Paranoid Ponytail spoke up. “I thought that’s what private investigators do. Snoop on people trying to get free of the system.”
Brzezinski fixed Mark with a stern glance, which was maybe slightly undermined by the tech camera doohickey embedded in his glasses. “If you cannot do simple skip trace,” he said, “what is business model?”
“Look, I tried all the official databases,” Mark said. “At least the free ones.”
“Mark!” I said.
“I didn’t hear you volunteer to pay those stupid subscriptions,” he snapped.

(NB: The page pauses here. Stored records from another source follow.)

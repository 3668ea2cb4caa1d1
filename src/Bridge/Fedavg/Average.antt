-- ===== src/Bridge/Fedavg/Average.antt =====
-- `_compute_fedavg` computes the weighted average of the values that it is given.
use dropout.Prelude.{
  ℕ, zero, suc, ◌+◌, ◌*◌, ◌/◌, ◌%◌, ◌<◌, ◌≤◌, ◌≡◌, ◌∙◌, arith, false, Option, none, some, List, [],
  ◌∷◌, ◌==◌, if◌then◌else◌, inl, inr, Bool-cases, get_or,
}
use dropout.Prelude.Int.{ℤ, pos, ◌+ℤ◌, ◌*ℤ◌, ◌%ℤ◌}
use dropout.Prelude.Dict.{Dict, lookup, lookup-insert}
use dropout.Prelude.Exec.{ok, and_then-eq-ok, ok_injective}
use mathlib.Core.Path.{subst}
use dropout.Field.{residue-lt}
use dropout.Bridge.State.{ClientState, RoundState}
use dropout.Bridge.Aggregate.{num_chunks_of, zero_chunks, add_values, chunk_of, weight_of}
use dropout.Bridge.Aggregate.Spec.{value_at}
use dropout.Bridge.Aggregate.Sums.{
  Adds, Adds-zero, Adds-trans, zero-weight, add_values_at, chunk_of-eq-ok,
}
use dropout.Bridge.Aggregate.Average.{value_at-zero_chunks, num_chunks_of-eq, average_back}
use dropout.Bridge.Fedavg.{
  unmasked_total, add_unmasked_chunk, add_unmasked_chunks, add_unmasked_client, add_unmasked,
  compute_fedavg,
}

-- The value at a position; 0 where there is none.
abbrev pub value_of : ℕ → Option (List ℤ) → ℤ
value_of j none = pos 0
value_of j (some values) = get_or values j (pos 0)

module _ (seq_num j : ℕ) where
  abbrev pub unmasked_client : Option ClientState → Dict (List ℤ) → ℤ
  unmasked_client none values = pos 0
  unmasked_client (some c) values =
      if c.completed then value_of j (lookup seq_num values) *ℤ pos (weight_of c) else pos 0

  -- Value times weight, over the completed clients.
  abbrev pub unmasked_sum : Dict ClientState → Dict (Dict (List ℤ)) → ℤ
  unmasked_sum clients [] = pos 0
  unmasked_sum clients ((client_id, values) ∷ unmasked) =
      unmasked_client (lookup client_id clients) values +ℤ unmasked_sum clients unmasked

  chunk-Adds :
      (weight : ℕ) (o : Option (List ℤ)) (k : ℕ) (chunks chunks' : Dict (List ℕ))
      → add_unmasked_chunk weight o k chunks ≡ ok chunks'
      → Adds seq_num j chunks (if k == seq_num then value_of j o *ℤ pos weight else pos 0) chunks'
  unfolding add_unmasked_chunk
  chunk-Adds weight none k chunks chunks' h =
      rw (← ok_injective h) (ground (arith, zero-weight weight))
  chunk-Adds weight (some values) k chunks chunks' h =
      let (acc, l, h1) = and_then-eq-ok (chunk_of k chunks) _ h in
      let (out, a, h2) = and_then-eq-ok (add_values weight values acc) _ h1 in
      let at = chunk_of-eq-ok k chunks acc l in
      rw (← ok_injective h2) (
        ground (arith, lookup-insert k seq_num out chunks, add_values_at weight values acc out j a))

  past-Adds :
      (weight : ℕ) (values : Dict (List ℤ)) (i left : ℕ) (chunks chunks' : Dict (List ℕ))
      → seq_num < i
      → add_unmasked_chunks weight values i left chunks ≡ ok chunks'
      → Adds seq_num j chunks (pos 0) chunks'
  unfolding add_unmasked_chunks
  past-Adds weight values i zero chunks chunks' past h =
      rw (← ok_injective h) (Adds-zero seq_num j chunks)
  past-Adds weight values i (suc left) chunks chunks' past h =
      let (mid, first, h1) =
        and_then-eq-ok (add_unmasked_chunk weight (lookup i values) i chunks) _ h in
      let other : (i == seq_num) ≡ false = ground arith in
      let unchanged = rw other at (chunk-Adds weight (lookup i values) i chunks mid first) in
      omega (arith, past-Adds weight values (suc i) left mid chunks' (omega arith) h1)

  chunks-Adds :
      (weight : ℕ) (values : Dict (List ℤ)) (i left : ℕ) (chunks chunks' : Dict (List ℕ))
      → i ≤ seq_num
      → seq_num < i + left
      → add_unmasked_chunks weight values i left chunks ≡ ok chunks'
      → Adds seq_num j chunks (value_of j (lookup seq_num values) *ℤ pos weight) chunks'
  unfolding add_unmasked_chunks
  chunks-Adds weight values i zero chunks chunks' lo hi h = absurd (omega arith)
  chunks-Adds weight values i (suc left) chunks chunks' lo hi h =
      let (mid, first, h1) =
        and_then-eq-ok (add_unmasked_chunk weight (lookup i values) i chunks) _ h in
      let step = chunk-Adds weight (lookup i values) i chunks mid first in
      elim (Bool-cases (i == seq_num)) [
        | inl e ↦
            let same : i ≡ seq_num = ground arith in
            let here =
              subst (λ k. Adds seq_num j chunks (value_of j (lookup k values) *ℤ pos weight) mid)
                same (rw e at step) in
            let later = past-Adds weight values (suc i) left mid chunks' (ground arith) h1 in
            omega arith
        | inr e ↦
            let unchanged = rw e at step in
            let later =
              chunks-Adds weight values (suc i) left mid chunks' (ground arith) (omega arith) h1 in
            omega arith
      ]

  client-Adds :
      (nc : ℕ) (c : Option ClientState) (values : Dict (List ℤ)) (chunks chunks' : Dict (List ℕ))
      → seq_num < nc
      → add_unmasked_client nc c values chunks ≡ ok chunks'
      → Adds seq_num j chunks (unmasked_client c values) chunks'
  unfolding add_unmasked_client
  client-Adds nc none values chunks chunks' fits h =
      rw (← ok_injective h) (Adds-zero seq_num j chunks)
  client-Adds nc (some c) values chunks chunks' fits h = elim (Bool-cases c.completed) [
    | inl e ↦ rw e (
        chunks-Adds (weight_of c) values 0 nc chunks chunks' (omega arith) (omega arith)
          (rw e at h))
    | inr e ↦ rw (e, ← ok_injective (rw e at h)) (Adds-zero seq_num j chunks)
  ]

  unmasked-Adds :
      (nc : ℕ) (clients : Dict ClientState) (unmasked : Dict (Dict (List ℤ)))
      (chunks chunks' : Dict (List ℕ))
      → seq_num < nc
      → add_unmasked nc clients unmasked chunks ≡ ok chunks'
      → Adds seq_num j chunks (unmasked_sum clients unmasked) chunks'
  unfolding add_unmasked
  unmasked-Adds nc clients [] chunks chunks' fits h =
      rw (← ok_injective h) (Adds-zero seq_num j chunks)
  unmasked-Adds nc clients ((client_id, values) ∷ unmasked) chunks chunks' fits h =
      let c = lookup client_id clients in
      let (mid, first, h1) = and_then-eq-ok (add_unmasked_client nc c values chunks) _ h in
      Adds-trans seq_num j chunks mid chunks' _ _ (client-Adds nc c values chunks mid fits first)
        (unmasked-Adds nc clients unmasked mid chunks' fits h1)

-- When `_compute_fedavg` returns and 3329 does not divide the number of samples of the clients whose
-- values it is given, every element of the result, times that number, is in GF(3329) the sum of
-- value times weight over the completed ones of these clients.
pub compute_fedavg_average :
    (round : RoundState) (unmasked : Dict (Dict (List ℤ))) (result : Dict (List ℕ)) (seq_num j : ℕ)
    → compute_fedavg round unmasked ≡ ok result
    → seq_num < round.model_size / round.chunk_size
    → 0 < unmasked_total unmasked round.clients % 3329
    → value_at seq_num j result * unmasked_total unmasked round.clients % 3329
      ≡ unmasked_sum seq_num j round.clients unmasked %ℤ 3329
unfolding compute_fedavg
compute_fedavg_average round unmasked result seq_num j h fits unit =
    let (nc, e, h1) = and_then-eq-ok (num_chunks_of round.model_size round.chunk_size) _ h in
    let start = zero_chunks 0 nc round.chunk_size in
    let (chunks, s, h2) = and_then-eq-ok (add_unmasked nc round.clients unmasked start) _ h1 in
    let total = unmasked_total unmasked round.clients in
    let below : seq_num < nc =
      omega (arith, num_chunks_of-eq round.model_size round.chunk_size nc e) in
    let added = unmasked-Adds seq_num j nc round.clients unmasked start chunks below s in
    rw (← ok_injective h2) (
      average_back seq_num j total chunks unit
      ∙ omega (
        arith,
        added,
        value_at-zero_chunks seq_num j 0 nc round.chunk_size,
        residue-lt (unmasked_sum seq_num j round.clients unmasked),
      ))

The Kid rat-a-tat-tatted on his keyboard. For some reason he used a separate keyboard in his lap, plugged into the laptop. On his lap keyboard, the keys were black but the letters glowed in bright LED greens and reds, like a car tricked out with neon lights. “Samantha Fassell is staying with her sister up in Woodbridge,” he said. “Been there since last week. Want the address?”
Mark frowned and rubbed his eyes. “Why do I even bother?” he muttered.

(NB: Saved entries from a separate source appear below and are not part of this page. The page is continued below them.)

-- ===== src/Bridge/Fedavg/Covers.antt =====
-- `_compute_fedavg` has a chunk for every number below model_size // chunk_size.
use dropout.Prelude.{
  ℕ, zero, suc, ◌+◌, ◌<◌, ◌≤◌, ◌≡◌, refl, arith, true, Option, none, some, List, [], ◌∷◌, ◌==◌, ltb,
  inl, inr, Bool-cases,
}
use dropout.Prelude.Int.{ℤ}
use dropout.Prelude.Dict.{Dict, lookup, insert, contains, lookup-insert}
use dropout.Prelude.Exec.{ok, and_then-eq-ok, ok_injective}
use dropout.Bridge.State.{ClientState, RoundState}
use dropout.Bridge.Aggregate.{
  num_chunks_of, zero_chunks, add_values, chunk_of, weight_of, scale, average,
}
use dropout.Bridge.Fedavg.{
  unmasked_total, add_unmasked_chunk, add_unmasked_chunks, add_unmasked_client, add_unmasked,
  compute_fedavg,
}

contains-zero_chunks :
    (k i left ce : ℕ) → i ≤ k → k < i + left → contains k (zero_chunks i left ce) ≡ true
unfolding zero_chunks lookup
contains-zero_chunks k i zero ce lo hi = absurd (omega arith)
contains-zero_chunks k i (suc left) ce lo hi = elim (Bool-cases (i == k)) [
  | inl e ↦ rw (contains, e)
  | inr e ↦ rw (contains, e) (contains-zero_chunks k (suc i) left ce (ground arith) (omega arith))
]

contains-scale :
    (k inv : ℕ) (chunks : Dict (List ℕ)) → contains k (scale inv chunks) ≡ contains k chunks
unfolding scale lookup
contains-scale k inv [] = refl
contains-scale k inv ((i, l) ∷ chunks) = elim (Bool-cases (i == k)) [
  | inl e ↦ rw (contains, e)
  | inr e ↦ rw (contains, e) (contains-scale k inv chunks)
]

module _ (k : ℕ) where
  contains-average :
      (total : ℕ) (chunks : Dict (List ℕ)) → contains k (average total chunks) ≡ contains k chunks
  contains-average total chunks = elim (Bool-cases (ltb 1 total)) [
    | inl e ↦ rw (e, contains-scale)
    | inr e ↦ rw e
  ]

  contains-insert :
      (j : ℕ) (l : List ℕ) (chunks : Dict (List ℕ))
      → contains k chunks ≡ true
      → contains k (insert j l chunks) ≡ true
  contains-insert j l chunks h = elim (Bool-cases (j == k)) [
    | inl e ↦ rw (contains, lookup-insert j k l chunks, e)
    | inr e ↦ rw (contains, lookup-insert j k l chunks, e) h
  ]

  chunk-contains :
      (weight : ℕ) (o : Option (List ℤ)) (j : ℕ) (chunks chunks' : Dict (List ℕ))
      → contains k chunks ≡ true
      → add_unmasked_chunk weight o j chunks ≡ ok chunks'
      → contains k chunks' ≡ true
  unfolding add_unmasked_chunk
  chunk-contains weight none j chunks chunks' c h = rw (← ok_injective h) c
  chunk-contains weight (some values) j chunks chunks' c h =
      let (acc, l, h1) = and_then-eq-ok (chunk_of j chunks) _ h in
      let (out, a, h2) = and_then-eq-ok (add_values weight values acc) _ h1 in
      rw (← ok_injective h2) (contains-insert j out chunks c)

  chunks-contains :
      (weight : ℕ) (values : Dict (List ℤ)) (i left : ℕ) (chunks chunks' : Dict (List ℕ))
      → contains k chunks ≡ true
      → add_unmasked_chunks weight values i left chunks ≡ ok chunks'
      → contains k chunks' ≡ true
  unfolding add_unmasked_chunks
  chunks-contains weight values i zero chunks chunks' c h = rw (← ok_injective h) c
  chunks-contains weight values i (suc left) chunks chunks' c h =
      let (mid, first, h1) =
        and_then-eq-ok (add_unmasked_chunk weight (lookup i values) i chunks) _ h in
      chunks-contains weight values (suc i) left mid chunks'
        (chunk-contains weight (lookup i values) i chunks mid c first) h1

  client-contains :
      (n : ℕ) (o : Option ClientState) (values : Dict (List ℤ)) (chunks chunks' : Dict (List ℕ))
      → contains k chunks ≡ true
      → add_unmasked_client n o values chunks ≡ ok chunks'
      → contains k chunks' ≡ true
  unfolding add_unmasked_client
  client-contains n none values chunks chunks' c h = rw (← ok_injective h) c
  client-contains n (some state) values chunks chunks' c h = elim (Bool-cases state.completed) [
    | inl e ↦ let h1 = rw e at h in chunks-contains (weight_of state) values 0 n chunks chunks' c h1
    | inr e ↦ let h1 = rw e at h in rw (← ok_injective h1) c
  ]

  unmasked-contains :
      (n : ℕ) (clients : Dict ClientState) (unmasked : Dict (Dict (List ℤ)))
      (chunks chunks' : Dict (List ℕ))
      → contains k chunks ≡ true
      → add_unmasked n clients unmasked chunks ≡ ok chunks'
      → contains k chunks' ≡ true
  unfolding add_unmasked
  unmasked-contains n clients [] chunks chunks' c h = rw (← ok_injective h) c
  unmasked-contains n clients ((id, values) ∷ unmasked) chunks chunks' c h =
      let (mid, first, h1) =
        and_then-eq-ok (add_unmasked_client n (lookup id clients) values chunks) _ h in
      unmasked-contains n clients unmasked mid chunks'
        (client-contains n (lookup id clients) values chunks mid c first) h1

-- Every chunk of the round is in the result.
pub contains-compute_fedavg :
    (round : RoundState) (unmasked : Dict (Dict (List ℤ))) (chunks : Dict (List ℕ)) (n k : ℕ)
    → num_chunks_of round.model_size round.chunk_size ≡ ok n
    → compute_fedavg round unmasked ≡ ok chunks
    → k < n
    → contains k chunks ≡ true
unfolding compute_fedavg
contains-compute_fedavg round unmasked chunks n k e h below =
    let h1 = rw e at h in
    let (sums, added, h2) =
      and_then-eq-ok (add_unmasked n round.clients unmasked (zero_chunks 0 n round.chunk_size)) _
        h1 in
    rw (← ok_injective h2, contains-average k (unmasked_total unmasked round.clients) sums)
      (unmasked-contains k n round.clients unmasked (zero_chunks 0 n round.chunk_size) sums
        (contains-zero_chunks k 0 n round.chunk_size (omega arith) (omega arith)) added)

The Kid typed again. “They’re currently binge-watching Amy’s Avatars, looks like episode five—”
“I hate this,” Mark said.
“Okay, done,” Zack said. “Now it’s your turn.”
Mark squinted at Zack with focused concentration. Then his eyes widened. “No,” he said.

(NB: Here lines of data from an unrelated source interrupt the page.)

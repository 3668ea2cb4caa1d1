-- ===== src/Bridge/Fedavg/Examples.antt =====
-- The two steps of the aggregation on the sample round.
use dropout.Prelude.{ℕ, ◌*◌, ◌%◌, ◌≡◌, refl, arith, List, [], ◌∷◌}
use dropout.Prelude.Int.{ℤ, pos, negsuc, ◌+ℤ◌, ◌*ℤ◌, ◌%ℤ◌}
use dropout.Prelude.Dict.{Dict, lookup, insert}
use dropout.Prelude.Exec.{ok}
use dropout.Bytes.{unpack_int16s}
use dropout.Shamir.{mod_inv}
use dropout.Samples.{sample_platform, sample_round, masked_session}
use dropout.Bridge.Aggregate.{num_chunks_of, zero_chunks, chunk_of, add_values, scale, elem}
use dropout.Bridge.Aggregate.Spec.{value_at}
use dropout.Bridge.Fedavg.{
  unpack_received, unmask_survivors, unmask_dropouts, unmask_client_chunks, unmasked_samples,
  unmasked_completed, unmasked_total, add_unmasked_chunk, add_unmasked_chunks, add_unmasked_client,
  add_unmasked, compute_fedavg,
}
use dropout.Bridge.Fedavg.Average.{unmasked_sum, compute_fedavg_average}

abbrev pub unmasked : Dict (Dict (List ℤ))
unmasked =
    (1, (0, pos 5 ∷ negsuc 0 ∷ []) ∷ (1, pos 1 ∷ pos 2 ∷ []) ∷ [])
    ∷ (2, (0, pos 8 ∷ pos 4 ∷ []) ∷ [])
    ∷ []

unmasked_sample : unmask_client_chunks sample_platform sample_round ≡ ok unmasked
unfolding unmask_client_chunks num_chunks_of unmask_survivors unmask_dropouts unpack_received elem
    unpack_int16s lookup insert
unmasked_sample = refl

abbrev pub result : Dict (List ℕ)
result = (0, 6 ∷ 2220 ∷ []) ∷ (1, 2220 ∷ 1111 ∷ []) ∷ []

computed : compute_fedavg sample_round unmasked ≡ ok result
unfolding compute_fedavg num_chunks_of zero_chunks add_unmasked add_unmasked_client
    add_unmasked_chunks add_unmasked_chunk chunk_of add_values unmasked_samples unmasked_completed
    scale lookup insert ◌+ℤ◌ ◌*ℤ◌ mod_inv
computed = refl

pub unmasked_masked : unmask_client_chunks sample_platform masked_session.round ≡ ok unmasked
unfolding unmask_client_chunks num_chunks_of unmask_survivors unmask_dropouts unpack_received elem
    unpack_int16s lookup insert
unmasked_masked = refl

pub computed_masked : compute_fedavg masked_session.round unmasked ≡ ok result
unfolding compute_fedavg num_chunks_of zero_chunks add_unmasked add_unmasked_client
    add_unmasked_chunks add_unmasked_chunk chunk_of add_values unmasked_samples unmasked_completed
    scale lookup insert ◌+ℤ◌ ◌*ℤ◌ mod_inv
computed_masked = refl

compute_fedavg_average_example :
    value_at 0 1 result * unmasked_total unmasked sample_round.clients % 3329
    ≡ unmasked_sum 0 1 sample_round.clients unmasked %ℤ 3329
unfolding unmasked_samples unmasked_completed lookup
compute_fedavg_average_example =
    compute_fedavg_average sample_round unmasked result 0 1 computed (omega arith) (omega arith)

Zack laughed. “Damn, dude. You really are for real.”
It occurred to me to wonder when Mark had finally gotten around to telling Zack about his empathy. And why he’d ever thought that would be a good idea.
“Zack, seriously,” Mark said. He glanced around the room. “I thought this was … you know…”
“Confidential?” Zack said. “It was. Until you went and got all public with a murderous—”
“Spoilers!” I said.
“Kid, that’s really weird,” Zack said. “And you can tell I wouldn’t say that lightly.”
“I didn’t go public,” Mark said. “That idiot Hannigan-Quinn, for instance, he still hasn’t heard.”
“And who says he will?” Zack said. “No one here’s going to spill.”
“Are you talking ‘empathy’ crap?” Brzezinski snapped, still focused on his screen. “I have no time for woo-woo nonsensicals.”
“Oh yeah? What if Elon Musk is right?” the Kid said eagerly. “If it’s all a simulation, all bets are off! Empathy could totally be a thing!”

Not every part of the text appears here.